По-видимому, единственным порядочным и здравомыслящим человеком в следственной комиссии оказался генерал Иволгин, однако Колпакова, скорее всего, он лично не знал, а на дознании был поставлен перед готовыми сфальсифицированными фактами, и хотя безоговорочно верил в искренность объяснений князя, судя по всему, счёл их добросовестным заблуждением, ибо, сам будучи честнейшим и благороднейшим в лучшем смысле этого понятия человеком, не мог даже помыслить, до какой степени низости способны дойти его однополчане. И в это особенно хочется верить, потому что горько предположить, что князь Николай Львович под влиянием давшей-таки знать о себе болезни мог причислить генерала к своим гонителям и, сочтя себя в полном одиночестве перед лицом подлости и всеобщей вражды, умереть, так и не предприняв попытки каких-либо объяснений.

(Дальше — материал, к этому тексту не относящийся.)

-- ===== src/Bridge/Examples/Phones.antt =====
-- mobile/src/mobile-companion.ts with services.ts at work on small inputs.
use erg.Prelude.{
  ◌≡◌, ◌≢◌, text_eq, text_eq_iff, refl, none, some, [], ◌∷◌, Text, codes, arith, trim,
}
use erg.Bridge.State.{ClientType}
use erg.Bridge.Store.{State}
use erg.Bridge.Services.{store_of, memory}
use erg.Bridge.Services.Refresh.{RefreshDraws, RefreshSessionResponse, refresh_session, next_token}
use erg.Bridge.Services.Refresh.Reuse.{IsCompromised}
use erg.Bridge.Examples.{running, env, registered, registered-IsCoherent}
use erg.Mobile.Companion.{
  Companion, DeviceRegistration, ok, failed, request_failed, rejected, companion_of, started,
  restore, remember, ensure_fresh_session, repair_from_error,
}
use erg.Mobile.Companion.Storage.{IsComplete}
use erg.Mobile.Companion.Bridged.{
  input_of, over, request_of, renewed, survives_restart, lost_answer,
}

abbrev registration : DeviceRegistration
registration = record {
  relay_base_url = codes "https://relay";
  device_id = codes "dev_01";
  refresh_token = codes "rt_03";
  device_display_name = codes "Phone";
  default_conversation_id = codes "default";
  client_type = ClientType.mobile;
}

-- A phone that restored this registration.
abbrev phone : Companion
phone = record (started none) { registration = some registration }

abbrev draws : RefreshDraws
draws = record { token = 6 ∷ []; token_id = 6 ∷ []; access = 6 ∷ []; revocation = 6 ∷ [] }

abbrev later_draws : RefreshDraws
later_draws = record { token = 7 ∷ []; token_id = 7 ∷ []; access = 7 ∷ []; revocation = 7 ∷ [] }

abbrev after : State
after = store_of (
    refresh_session (env memory) 4 draws (input_of none (request_of registration))
      (registered memory))

abbrev answer : RefreshSessionResponse
answer = record {
  access_token = codes "dev_01";
  access_expires_at = 904;
  refresh_token = codes "rt_06";
  refresh_expires_at = 1004;
  refresh_family_id = codes "rtf_02";
  client_type = ClientType.mobile;
}

renewed-IsComplete : IsComplete (renewed registration answer)
renewed-IsComplete = record {
  url = refl;
  device = refl;
  token = refl;
  name = refl;
  conversation = refl;
}

survives_restart_example :
    let c' =
      companion_of
        (ensure_fresh_session 4 (over (env memory) 4 draws none (registered memory)) phone) in
    let d = restore (started c'.storage) in
    (d.registration ≡ some (renewed registration answer))
    × (r' : RefreshSessionResponse) × (ensure_fresh_session 9
          (over (env memory) 9 later_draws none after)
          d
        ≡ ok tt (
            remember
              (renewed (renewed registration answer) r')
              r'.access_token
              r'.access_expires_at
              d))
unfolding running next_token
survives_restart_example =
    survives_restart (env memory) 4 draws none (registered memory) after phone registration answer
      (registered-IsCoherent memory) refl refl refl 9 later_draws none renewed-IsComplete
      (omega arith)

-- The hashes of the two tokens.
differ : codes "krt_06" ≢ codes "krt_03"
unfolding text_eq
differ e = absurd (cc ((text_eq_iff (codes "krt_06") (codes "krt_03")).1 e))

lost_answer_example :
    let c' = companion_of (ensure_fresh_session 4 (λ _. rejected none) phone) in
    let retry =
      refresh_session (env memory) 9 later_draws (input_of none (request_of registration)) after in
    let code = some (codes "refresh_reuse_detected") in
    (ensure_fresh_session 9 (over (env memory) 9 later_draws none after) c'
      ≡ failed (request_failed code) c')
    × ((repair_from_error code c').0.registration ≡ none)
    × ((repair_from_error code c').0.storage ≡ none)
    × (family_id : Text) × IsCompromised after (store_of retry) (trim (codes "dev_01")) family_id
unfolding running next_token
lost_answer_example =
    lost_answer (env memory) 4 draws none (registered memory) after phone registration answer
      (registered-IsCoherent memory) refl refl refl 9 later_draws none refl (λ e. differ e) refl
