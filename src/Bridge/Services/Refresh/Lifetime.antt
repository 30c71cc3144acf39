-- ===== src/Bridge/Services/Refresh/Lifetime.antt =====
-- services.ts: how long a refreshed session can live.
use erg.Prelude.{ℕ, ◌+◌, ◌≡◌, ◌∙◌, min, arith}
use erg.Bridge.State.{DeviceRecord, RefreshTokenFamilyRecord, RefreshTokenRecord}
use erg.Bridge.Store.{State}
use erg.Bridge.Services.{ok, Env}
use erg.Bridge.Services.Transactions.{with_transaction-ok}
use erg.Bridge.Services.Register.{select_refresh_policy, refresh_expiry, issue_refresh_token}
use erg.Bridge.Services.Refresh.{
  RefreshInput, RefreshDraws, RefreshSessionResponse, next_token, refresh_session,
}
use erg.Bridge.Services.Refresh.Rules.{InOrder, IsFresh, refresh-ok}
use erg.Bridge.Services.Refresh.Rotation.{rotate-Rotated}

next_token-expiry :
    (env : Env) (now : ℕ) (draws : RefreshDraws) (device : DeviceRecord)
    (family : RefreshTokenFamilyRecord) (token : RefreshTokenRecord)
    → let policy = select_refresh_policy device.client_type env.config in
      (next_token env now draws device family token).expires_at
      ≡ min (now + policy.sliding_ttl_ms) (family.created_at + policy.absolute_ttl_ms)
unfolding next_token issue_refresh_token refresh_expiry
next_token-expiry env now draws device family token =
    let policy = select_refresh_policy device.client_type env.config in ground arith

-- A refresh that returned has exchanged a stored, unused, unrevoked and unexpired token of an active
-- family that the active device owns. The new token lives for the sliding time, but not past the
-- absolute time after the creation of its family, which no refresh moves.
pub refresh-lifetime :
    (env : Env) (now : ℕ) (draws : RefreshDraws) (input : RefreshInput) (s s' : State)
    (r : RefreshSessionResponse)
    → refresh_session env now draws input s ≡ ok r s'
    → (device : DeviceRecord) × (family : RefreshTokenFamilyRecord) × (token : RefreshTokenRecord)
      × InOrder env input s device family token
      × IsFresh now token
      × (let policy = select_refresh_policy device.client_type env.config in
          r.refresh_expires_at
          ≡ min (now + policy.sliding_ttl_ms) (family.created_at + policy.absolute_ttl_ms))
      × (s'.refresh_families ≡ s.refresh_families)
unfolding refresh_session
refresh-lifetime env now draws input s s' r e =
    let ran = with_transaction-ok env.config.bridge_store_driver _ s s' r e in
    let (device, family, token, o, f, rotated) = refresh-ok env now draws input s s' r ran in
    let z = rotate-Rotated env now draws input _ device family token s s' r rotated in
    (
      device,
      family,
      token,
      o,
      f,
      z.expiry ∙ next_token-expiry env now draws device family token,
      z.families,
    )
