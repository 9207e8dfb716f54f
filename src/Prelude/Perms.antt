-- ===== src/Prelude/Perms.antt =====
-- Counting and searching do not depend on the order of a list.
use mathlib.Core.Bool.{Bool-set}
use mathlib.Core.List.{Perm, Permᴰ}
use mathlib.Core.Logic.{∥∥₁_elim}
use native.Mathlib.Nat.{ℕ_set}
use ivory_operator.Prelude.{refl, ◌∙◌, ap, arith, ◌≡◌, count, any, List, Bool}

module _ {A : Type 0} (p : A → Bool) where
  any-permᴰ : {xs ys : List A} → Permᴰ xs ys → any p xs ≡ any p ys
  unfolding any
  any-permᴰ Permᴰ.nil = refl
  any-permᴰ (Permᴰ.cons e h) = ground (arith, any-permᴰ h, ap p e)
  any-permᴰ (Permᴰ.swap e f) = ground (arith, ap p e, ap p f)
  any-permᴰ (Permᴰ.trans h k) = any-permᴰ h ∙ any-permᴰ k

  count-permᴰ : {xs ys : List A} → Permᴰ xs ys → count p xs ≡ count p ys
  unfolding count
  count-permᴰ Permᴰ.nil = refl
  count-permᴰ (Permᴰ.cons e h) = ground (arith, count-permᴰ h, ap p e)
  count-permᴰ (Permᴰ.swap e f) = ground (arith, ap p e, ap p f)
  count-permᴰ (Permᴰ.trans h k) = count-permᴰ h ∙ count-permᴰ k

  pub any-perm : {xs ys : List A} → Perm xs ys → any p xs ≡ any p ys
  any-perm h = ∥∥₁_elim h (Bool-set _ _) any-permᴰ

  pub count-perm : {xs ys : List A} → Perm xs ys → count p xs ≡ count p ys
  count-perm h = ∥∥₁_elim h (ℕ_set _ _) count-permᴰ
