-- ===== src/Backups/Carried.antt =====
-- What getRepoVolumeStatus carries over.

use mathlib.Core.List.{Perm}
use ivory_operator.Backups.{label_pgbackrest_repo, ◌∷◌, RepoVolume, RepoStatus}
use ivory_operator.Backups.Repos.{
  renew_volume, updated_repo_status, volume_status, external_status, update_external, update_volume,
  get_repo_volume_status,
}
use ivory_operator.Prelude.{
  any-append, ◌∙◌, label, eq_iff, sym, if_elim, refl, All_of_none, [], arith, ◌∷◌, ◌||◌, false, not,
  All, true, str_eq, ◌≡◌, ◌&&◌, is_empty, map, Bool, Labels, List, String, any,
}
use ivory_operator.Prelude.Perms.{any-perm}

-- The old status vouches for the new: it is of the same repository, with the same volume or none
-- known, or with the same hash of the options.
abbrev pub vouches : RepoStatus → RepoStatus → Bool
vouches new old =
    str_eq old.name new.name
    && str_eq old.repo_options_hash new.repo_options_hash
    && (is_empty old.volume_name || str_eq old.volume_name new.volume_name)

-- A stanza or a backup that no old status vouches for.
abbrev pub is_unfounded : List RepoStatus → RepoStatus → Bool
is_unfounded olds new =
    (new.stanza_created && not (any (λ old. vouches new old && old.stanza_created) olds))
    || (new.replica_create_backup_complete
        && not (any (λ old. vouches new old && old.replica_create_backup_complete) olds))

abbrev unfounded_stanza : List RepoStatus → RepoStatus → Bool
unfounded_stanza olds new =
    new.stanza_created && not (any (λ old. vouches new old && old.stanza_created) olds)

abbrev unfounded_backup : List RepoStatus → RepoStatus → Bool
unfounded_backup olds new =
    new.replica_create_backup_complete
    && not (any (λ old. vouches new old && old.replica_create_backup_complete) olds)

any_later :
    (p : RepoStatus → Bool) (b : Bool) (s : RepoStatus) (rest : List RepoStatus)
    → (b && not (any p rest)) ≡ false
    → (b && not (any p (s ∷ rest))) ≡ false
unfolding any
any_later p b s rest h = ground arith

any_first :
    (p : RepoStatus → Bool) (b : Bool) (s : RepoStatus) (rest : List RepoStatus)
    → (b ≡ true → p s ≡ true)
    → (b && not (any p (s ∷ rest))) ≡ false
unfolding any
any_first p b s rest h = ground (arith, h)

module _ (repo : String) where
  vouched-update_volume :
      (v : RepoVolume) (s : RepoStatus)
      → is_empty s.repo_options_hash ≡ true
      → (update_volume repo v s).stanza_created ≡ true
      → (vouches (update_volume repo v s) s && s.stanza_created) ≡ true
  unfolding update_volume renew_volume
  vouched-update_volume v s e h =
      ground (arith, eq_iff s.name s.name, eq_iff s.repo_options_hash s.repo_options_hash)

  vouched_backup-update_volume :
      (v : RepoVolume) (s : RepoStatus)
      → is_empty s.repo_options_hash ≡ true
      → (update_volume repo v s).replica_create_backup_complete ≡ true
      → (vouches (update_volume repo v s) s && s.replica_create_backup_complete) ≡ true
  unfolding update_volume renew_volume
  vouched_backup-update_volume v s e h =
      ground (arith, eq_iff s.name s.name, eq_iff s.repo_options_hash s.repo_options_hash)

  founded-volume_status :
      (v : RepoVolume) (olds : List RepoStatus)
      → (unfounded_stanza olds (volume_status repo v olds) ≡ false)
        × (unfounded_backup olds (volume_status repo v olds) ≡ false)
  unfolding volume_status
  founded-volume_status v [] = (refl, refl)
  founded-volume_status v (s ∷ rest) =
      if_elim {A = RepoStatus}
        (λ r. (unfounded_stanza (s ∷ rest) r ≡ false) × (unfounded_backup (s ∷ rest) r ≡ false))
        (str_eq s.name (label label_pgbackrest_repo v.labels) && is_empty s.repo_options_hash)
        (λ h. (
          any_first _ _ s rest (vouched-update_volume v s (ground arith)),
          any_first _ _ s rest (vouched_backup-update_volume v s (ground arith)),
        ))
        (λ _.
          let (a, b) = founded-volume_status v rest in
          (any_later _ _ s rest a, any_later _ _ s rest b))

  vouched-update_external :
      (hash : String) (s : RepoStatus)
      → is_empty s.volume_name ≡ true
      → (update_external repo hash s).stanza_created ≡ true
      → (vouches (update_external repo hash s) s && s.stanza_created) ≡ true
  unfolding update_external
  vouched-update_external hash s e h = ground (arith, eq_iff s.name s.name)

  vouched_backup-update_external :
      (hash : String) (s : RepoStatus)
      → is_empty s.volume_name ≡ true
      → (update_external repo hash s).replica_create_backup_complete ≡ true
      → (vouches (update_external repo hash s) s && s.replica_create_backup_complete) ≡ true
  unfolding update_external
  vouched_backup-update_external hash s e h = ground (arith, eq_iff s.name s.name)

  founded-external_status :
      (name hash : String) (olds : List RepoStatus)
      → (unfounded_stanza olds (external_status repo name hash olds) ≡ false)
        × (unfounded_backup olds (external_status repo name hash olds) ≡ false)
  unfolding external_status
  founded-external_status name hash [] = (refl, refl)
  founded-external_status name hash (s ∷ rest) =
      if_elim {A = RepoStatus}
        (λ r. (unfounded_stanza (s ∷ rest) r ≡ false) × (unfounded_backup (s ∷ rest) r ≡ false))
        (str_eq s.name name && not s.bound && is_empty s.volume_name)
        (λ h. (
          any_first _ _ s rest (vouched-update_external hash s (ground arith)),
          any_first _ _ s rest (vouched_backup-update_external hash s (ground arith)),
        ))
        (λ _.
          let (a, b) = founded-external_status name hash rest in
          (any_later _ _ s rest a, any_later _ _ s rest b))

  founded-volumes :
      (olds : List RepoStatus) (volumes : List RepoVolume)
      → any (is_unfounded olds) (map (λ v. volume_status repo v olds) volumes) ≡ false
  unfolding any
  founded-volumes olds [] = refl
  founded-volumes olds (v ∷ rest) =
      let (a, b) = founded-volume_status v olds in ground (arith, founded-volumes olds rest, a, b)

  founded-externals :
      (olds : List RepoStatus) (hashes : Labels)
      → any
          (is_unfounded olds)
          (map (λ (e : String × String). external_status repo e.0 e.1 olds) hashes)
        ≡ false
  unfolding any
  founded-externals olds [] = refl
  founded-externals olds ((name, hash) ∷ rest) =
      let (a, b) = founded-external_status name hash olds in
      ground (arith, founded-externals olds rest, a, b)

-- A repository keeps the mark that its stanza was created, or that it has the backup for replicas,
-- only from a status of the same name with that mark, the same hash of the options, and the same
-- volume or none known: a repository that is new, has other options, or lies on another volume has
-- neither mark. This supposes that the sort permutes.
pub get_repo_volume_status-founded :
    (sort : List RepoStatus → List RepoStatus) (olds : List RepoStatus) (volumes : List RepoVolume)
    (hashes : Labels) (repo : String)
    → Perm
        (updated_repo_status olds volumes hashes repo)
        (sort (updated_repo_status olds volumes hashes repo))
    → All (λ s. is_unfounded olds s ≡ false) (get_repo_volume_status sort olds volumes hashes repo)
unfolding get_repo_volume_status updated_repo_status
get_repo_volume_status-founded sort olds volumes hashes repo perm =
    All_of_none (is_unfounded olds) _ (
      sym (any-perm (is_unfounded olds) perm)
      ∙ (any-append (is_unfounded olds) (map (λ v. volume_status repo v olds) volumes) _
          ∙ ground (arith, founded-volumes repo olds volumes, founded-externals repo olds hashes)))
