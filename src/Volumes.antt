-- ===== src/Volumes.antt =====
-- internal/controller/postgrescluster/volumes.go: the claims of a cluster.
pub mod Resizing
pub mod Resized
pub mod Existing
pub mod Adopted
pub mod Moves
pub mod Moving
pub mod Moved
pub mod Failures
pub mod Claims
pub mod Tablespaces
pub mod Safe
pub mod Reported
-- corev1.PersistentVolumeClaimCondition; a time is 0 where it is zero.
use ivory_operator.Prelude.{List, ℕ, Labels, String}

pub record PvcCondition : Type 0 where
  pub type : String
  pub status : String
  pub reason : String
  pub message : String
  pub last_transition_time : ℕ

-- corev1.PersistentVolumeClaim; `spec` is its Spec.
pub record Pvc : Type 0 where
  pub name : String
  pub labels : Labels
  pub spec : String
  pub conditions : List PvcCondition

abbrev pub condition_resizing : String
condition_resizing = "PersistentVolumeResizing"
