-- ===== src/Volumes/Existing.antt =====
-- volumes.go: configureExistingPVCs and what it calls, for volumes that were there before the cluster.

-- spec.dataSource.volumes: the names of the claims, and of the directories.
use ivory_operator.Backups.{label_pgbackrest_repo, pgbackrest_labels}
use ivory_operator.Instances.{role_postgres_data, role_postgres_wal, label_instance_set}
use ivory_operator.Kube.{LabelSets}
use ivory_operator.Prelude.{
  ◌&&◌, is_none, str_eq, ◌∷◌, ◌++◌, is_empty, false, any, [], true, not, some, Labels,
  if◌then◌else◌, none, Bool, String, List, Option,
}
use ivory_operator.Upgrade.{label_role, label_instance, label_cluster}
use ivory_operator.Volumes.{Pvc}

pub record DataSourceVolume : Type 0 where
  pub pvc_name : String
  pub directory : String

pub record DataSourceVolumes : Type 0 where
  pub pg_data_volume : Option DataSourceVolume
  pub pg_wal_volume : Option DataSourceVolume
  pub pgbackrest_volume : Option DataSourceVolume

-- What is read of the cluster: its name, the first instance set, as its name and DataVolumeClaimSpec,
-- and the first repository, as its name and the spec of its volume.
pub record VolumesSpec : Type 0 where
  pub cluster_name : String
  pub first_set : Option (String × String)
  pub first_repo : Option (String × Option String)
  pub volumes : Option DataSourceVolumes

-- status.startupInstance and status.startupInstanceSet
pub record StartupStatus : Type 0 where
  pub startup_instance : String
  pub startup_instance_set : String

-- What setControllerReference and the apply answer, and GenerateStartupInstance for a set.
pub record VolumesEnv (E : Type 0) : Type 0 where
  pub set_controller : Pvc → Option E
  pub apply : Pvc → Option E
  pub generate_startup_instance : String → String

-- The volumes and the error that are returned, the claims that were applied, newest first, and whether
-- a nil pointer or a missing instance set was read.
pub record Configured (E : Type 0) : Type 0 where
  pub volumes : List Pvc
  pub err : Option E
  pub applied : List Pvc
  pub panics : Bool

abbrev pub label_data : String
label_data = "postgres-operator.crunchydata.com/data"

abbrev pub label_pgbackrest_repo_volume : String
label_pgbackrest_repo_volume = "postgres-operator.crunchydata.com/pgbackrest-volume"

unfoldable pub is_observed : String → List Pvc → Bool
is_observed name volumes = any (λ (v : Pvc). str_eq name v.name) volumes

-- The labels of the claim of an instance.
unfoldable pub instance_volume_labels : String → String → String → String → Labels
instance_volume_labels cluster_name set_name instance_name role =
    (label_cluster, cluster_name)
    ∷ (label_instance_set, set_name)
    ∷ (label_instance, instance_name)
    ∷ (label_role, role)
    ∷ (label_data, "postgres")
    ∷ []

unfoldable pub pgbackrest_repo_labels : ⦃ls : LabelSets⦄ → String → String → Labels
unfolding pgbackrest_labels
pgbackrest_repo_labels ⦃ls⦄ cluster_name repo_name =
    ls.merge (pgbackrest_labels cluster_name) ((label_pgbackrest_repo, repo_name) ∷ [])

unfoldable pub pgbackrest_repo_volume_labels : ⦃ls : LabelSets⦄ → String → String → Labels
unfolding pgbackrest_repo_labels
pgbackrest_repo_volume_labels ⦃ls⦄ cluster_name repo_name =
    ls.merge (pgbackrest_repo_labels cluster_name repo_name)
      ((label_pgbackrest_repo_volume, "") ∷ (label_data, "pgbackrest") ∷ [])

module _ {E : Type 0} where
  abbrev pub leaves : List Pvc → List Pvc → Configured E
  leaves volumes applied = record {
    volumes = volumes;
    err = none;
    applied = applied;
    panics = false;
  }

  abbrev pub breaks : List Pvc → List Pvc → Configured E
  breaks volumes applied = record {
    volumes = volumes;
    err = none;
    applied = applied;
    panics = true;
  }

module _ {E : Type 0} (env : VolumesEnv E) where
  -- A claim is owned, applied and added.
  unfoldable pub add_volume : List Pvc → List Pvc → Pvc → Option E → Configured E
  add_volume volumes applied v (some e) = record {
    volumes = volumes;
    err = some e;
    applied = applied;
    panics = false;
  }
  add_volume volumes applied v none = record {
    volumes = elim (env.apply v) [ none ↦ volumes ++ v ∷ [] | some _ ↦ volumes ];
    err = env.apply v;
    applied = v ∷ applied;
    panics = false;
  }

  unfoldable pub claim_volume : List Pvc → List Pvc → String → Labels → String → Configured E
  unfolding add_volume
  claim_volume volumes applied name labels spec =
      let v : Pvc = record { name = name; labels = labels; spec = spec; conditions = [] } in
      add_volume volumes applied v (env.set_controller v)

  unfoldable pub configure_existing_pg_volumes :
      VolumesSpec → List Pvc → DataSourceVolume → String → Configured E
  unfolding claim_volume is_observed instance_volume_labels
  configure_existing_pg_volumes spec volumes source instance_name =
      if is_observed source.pvc_name volumes then leaves volumes [] else elim spec.first_set [
        | none ↦ leaves volumes []
        | some (set_name, claim_spec) ↦
            if not (is_empty source.pvc_name)
            then claim_volume volumes [] source.pvc_name
                (instance_volume_labels spec.cluster_name set_name instance_name role_postgres_data)
                claim_spec
            else leaves volumes []
      ]

  -- The code takes the spec of the data volume here, too.
  unfoldable pub configure_existing_pg_wal_volume :
      VolumesSpec → List Pvc → List Pvc → DataSourceVolume → String → Configured E
  unfolding claim_volume is_observed instance_volume_labels
  configure_existing_pg_wal_volume spec volumes applied source instance_name =
      if is_observed source.pvc_name volumes
      then leaves volumes applied
      else if not (is_empty source.pvc_name)
      then elim spec.first_set [
        | none ↦ breaks volumes applied
        | some (set_name, claim_spec) ↦
            claim_volume volumes applied source.pvc_name
              (instance_volume_labels spec.cluster_name set_name instance_name role_postgres_wal)
              claim_spec
      ]
      else leaves volumes applied

  unfoldable pub claim_repo_volume :
      ⦃ls : LabelSets⦄
      → VolumesSpec
      → List Pvc
      → List Pvc
      → String
      → String
      → Option String
      → Configured E
  unfolding claim_volume pgbackrest_repo_volume_labels
  claim_repo_volume ⦃ls⦄ spec volumes applied name repo_name none = breaks volumes applied
  claim_repo_volume ⦃ls⦄ spec volumes applied name repo_name (some claim_spec) =
      claim_volume volumes applied name (pgbackrest_repo_volume_labels spec.cluster_name repo_name)
        claim_spec

  unfoldable pub configure_existing_repo_volumes :
      ⦃ls : LabelSets⦄ → VolumesSpec → List Pvc → List Pvc → DataSourceVolume → Configured E
  unfolding claim_repo_volume is_observed
  configure_existing_repo_volumes ⦃ls⦄ spec volumes applied source =
      if is_observed source.pvc_name volumes then leaves volumes applied else elim spec.first_repo [
        | none ↦ leaves volumes applied
        | some (repo_name, claim_spec) ↦
            if not (is_empty source.pvc_name)
            then claim_repo_volume spec volumes applied source.pvc_name repo_name claim_spec
            else leaves volumes applied
      ]

  -- The status of the cluster, after the claim of the data volume has named the instance; nothing where
  -- there is no instance set to name it after.
  unfoldable pub name_startup_instance : VolumesSpec → StartupStatus → Option StartupStatus
  name_startup_instance spec status =
      if is_empty status.startup_instance
      then elim spec.first_set [
        | none ↦ none
        | some (set_name, claim_spec) ↦ some (record {
          startup_instance = env.generate_startup_instance set_name;
          startup_instance_set = set_name;
        })
      ]
      else some status

  -- The data volume, then the WAL volume.
  unfoldable pub configure_pair :
      VolumesSpec → List Pvc → DataSourceVolumes → DataSourceVolume → String → Configured E
  unfolding configure_existing_pg_volumes configure_existing_pg_wal_volume
  configure_pair spec volumes sources source instance_name =
      let c = configure_existing_pg_volumes spec volumes source instance_name in
      elim sources.pg_wal_volume [
        | none ↦ c
        | some wal ↦
            if is_none c.err
            then configure_existing_pg_wal_volume spec c.volumes c.applied wal instance_name
            else c
      ]

  unfoldable pub configure_pg :
      VolumesSpec → List Pvc → DataSourceVolumes → StartupStatus → StartupStatus × Configured E
  unfolding configure_pair name_startup_instance
  configure_pg spec volumes sources status = elim sources.pg_data_volume [
    | none ↦ (status, leaves volumes [])
    | some source ↦ elim (name_startup_instance spec status) [
      | none ↦ (status, breaks volumes [])
      | some named ↦ (named, configure_pair spec volumes sources source named.startup_instance)
    ]
  ]

  unfoldable pub configure_repo :
      ⦃ls : LabelSets⦄ → VolumesSpec → DataSourceVolumes → Configured E → Configured E
  unfolding configure_existing_repo_volumes
  configure_repo ⦃ls⦄ spec sources c = elim sources.pgbackrest_volume [
    | none ↦ c
    | some source ↦
        if is_none c.err && not c.panics
        then configure_existing_repo_volumes spec c.volumes c.applied source
        else c
  ]

  unfoldable pub configure_existing_pvcs :
      ⦃ls : LabelSets⦄ → VolumesSpec → List Pvc → StartupStatus → StartupStatus × Configured E
  unfolding configure_pg configure_repo
  configure_existing_pvcs ⦃ls⦄ spec volumes status = elim spec.volumes [
    | none ↦ (status, leaves volumes [])
    | some sources ↦
        let pg = configure_pg spec volumes sources status in
        (pg.0, configure_repo spec sources pg.1)
  ]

И последнее. Как случилось всё-таки, что несмотря на сенсационный характер дела, несмотря на усилия сотен энтузиастов и перерытые сверху донизу архивы свидетельство генерала Иволгина так и осталось единственным? Причина этого в том, что вопреки общему мнению и всему сказанному мной лично, в строгом смысле не существует никакой тайны рядового Колпакова, есть только Незаконченная история о рядовом Колпакове, и если бы время и обстоятельства позволили генералу Иволгину её закончить, то мы, безусловно, узнали бы от самого генерала, что всё обстояло так-то и так-то ( как именно, в данном случае несущественно ), следствие по делу было прекращено первым же лицом, которому хватило на это ума и полномочий, а все упоминания о нём в документах вымараны с благороднейшей целью не срамиться перед людями; виновные же наказаны, а невиновные прощены. Генерал Иволгин был великим литературным талантом, рассказ он вёл, мастерски переходя от экспозиции к завязке и кульминации, и мы обязательно услышали бы и развязку, если бы уважаемые Нина Александровна и Варвара Ардалионовна соединёнными усилиями не предотвратили её, тем самым сотворив тайну из ничего, что так характерно для дам.